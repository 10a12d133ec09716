-- ===== src/Middleware/RateLimiter.antt =====
-- app/middleware/rate_limiter.py
pub mod Window
pub mod Decision
use mcp_agent_gateway.Base.{
  decimal, ℕ, ◌+◌, ◌*◌, ◌/◌, leb, nat_eq, String, ◌<>◌, starts_with, Bool, true, false, Option,
  none, some, List, [], ◌∷◌, if◌then◌else◌,
}
use mcp_agent_gateway.Base.Result.{Result, ok, raise}
use mcp_agent_gateway.Redis.Counters.{Counters}
use mcp_agent_gateway.Middleware.Http.{Request, Response, App}

pub record RateLimitResult : Type 0 where
  pub allowed : Bool
  pub retry_after_seconds : ℕ

-- RATE_LIMIT_ENABLED, RATE_LIMIT_MAX_REQUESTS, RATE_LIMIT_WINDOW_SECONDS
pub record Limits : Type 0 where
  pub enabled : Bool
  pub max_requests : ℕ
  pub window_seconds : ℕ

-- `math.ceil(ttl_ms / 1000) if ttl_ms and ttl_ms > 0 else 0`
unfoldable pub retry_after : Option ℕ → ℕ
retry_after none = 0
retry_after (some ttl_ms) = (ttl_ms + 999) / 1000

unfoldable pub too_many : ℕ → Response
too_many seconds = record {
  status_code = 429;
  content = ("detail", "Rate limit exceeded") ∷ [];
  headers = ("Retry-After", decimal seconds) ∷ [];
}

module _ (C : Counters) where
  -- the Lua script: the server runs it at one instant, with nothing in between
  unfoldable pub expire_first : ℕ → C.State → ℕ → String → ℕ → C.State
  expire_first n s now key window = if nat_eq n 1 then C.pexpire s now key (window * 1000) else s

  unfoldable pub script : C.State → ℕ → String → ℕ → ℕ → Bool × Option ℕ × C.State
  unfolding expire_first
  script s now key limit window =
      let (n, s₁) = C.incr s now key in
      let s₂ = expire_first n s₁ now key window in (leb n limit, C.pttl s₂ now key, s₂)

  unfoldable pub check_rate_limit :
      C.State → ℕ → String → ℕ → ℕ → Result String RateLimitResult × C.State
  unfolding script retry_after
  check_rate_limit s now key limit window =
      if C.available s
      then (let (allowed, ttl_ms, s') = script s now key limit window in
          (ok (record { allowed = allowed; retry_after_seconds = retry_after ttl_ms }), s'))
      else (raise "ConnectionError", s)

  module _ {V : Type 0} (limits : Limits) (now : ℕ) (call_next : App (C.State × V)) where
    -- after the check: an exception lets the request through
    unfoldable pub decide : Result String RateLimitResult → App (C.State × V)
    unfolding too_many
    decide (raise e) request w = call_next request w
    decide (ok result) request w =
        if result.allowed
        then call_next request w
        else (ok (too_many result.retry_after_seconds), w)

    unfoldable pub limited : String → App (C.State × V)
    unfolding decide check_rate_limit
    limited user_id request (s, v) =
        let (result, s') =
          check_rate_limit s now ("ratelimit:" <> user_id) limits.max_requests
            limits.window_seconds in
        decide result request (s', v)

    unfoldable pub dispatch : App (C.State × V)
    unfolding limited
    dispatch request w =
        if limits.enabled
        then if starts_with request.path "/mcp"
          then elim request.user [
            | none ↦ call_next request w
            | some user ↦ limited user.id request w
          ]
          else call_next request w
        else call_next request w
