-- ===== src/Middleware/RateLimiter/Decision.antt =====
-- What the middleware does with a request: it goes on, or it is answered 429.
use mcp_agent_gateway.Base.{
  ℕ, String, ◌<>◌, starts_with, ◌≡◌, refl, ◌⊎◌, inl, inr, Bool-cases, Option-cases, arith,
}
use mcp_agent_gateway.Base.Result.{Result, ok, raise}
use mcp_agent_gateway.Redis.Counters.{Counters}
use mcp_agent_gateway.Middleware.Http.{Request, App}
use mcp_agent_gateway.Middleware.RateLimiter.{
  RateLimitResult, Limits, check_rate_limit, too_many, decide, limited, dispatch,
}

module _ (C : Counters) {V : Type 0} (limits : Limits) (now : ℕ) (next : App (C.State × V)) where
  decide_cases :
      (r : Result String RateLimitResult) (request : Request) (w : C.State × V)
      → ((seconds : ℕ) × (decide C limits now next r request w ≡ (ok (too_many seconds), w)))
        ⊎ (decide C limits now next r request w ≡ next request w)
  unfolding decide
  decide_cases (raise e) request w = inr refl
  decide_cases (ok result) request w = elim (Bool-cases result.allowed) [
    | inl under ↦ inr (ground arith)
    | inr over ↦ inl (result.retry_after_seconds, ground arith)
  ]

  -- A request is answered 429 or it goes on, at once or after it has been counted; what lies beside
  -- the counters is not touched before.
  pub dispatch_cases :
      (request : Request) (s : C.State) (v : V)
      → ((seconds : ℕ) × (s' : C.State) × (dispatch C limits now next request (s, v)
            ≡ (ok (too_many seconds), (s', v))))
        ⊎ ((s' : C.State) × (dispatch C limits now next request (s, v) ≡ next request (s', v)))
  unfolding dispatch limited
  dispatch_cases request s v = elim (Bool-cases limits.enabled) [
    | inr off ↦ inr (s, ground arith)
    | inl on ↦ elim (Bool-cases (starts_with request.path "/mcp")) [
      | inr elsewhere ↦ inr (s, ground arith)
      | inl mcp ↦ elim (Option-cases request.user) [
        | inl missing ↦ inr (s, ground arith)
        | inr (user, p) ↦
            let r =
              check_rate_limit C s now ("ratelimit:" <> user.id) limits.max_requests
                limits.window_seconds in
            elim (decide_cases r.0 request (r.1, v)) [
              | inl (seconds, e) ↦ inl (seconds, r.1, ground arith)
              | inr e ↦ inr (r.1, ground arith)
            ]
      ]
    ]
  ]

Task:
Collect every line with the string "Response" from the records, and copy each.

Final answer:
use mcp_agent_gateway.Middleware.Http.{Request, Response, App}
unfoldable pub too_many : ℕ → Response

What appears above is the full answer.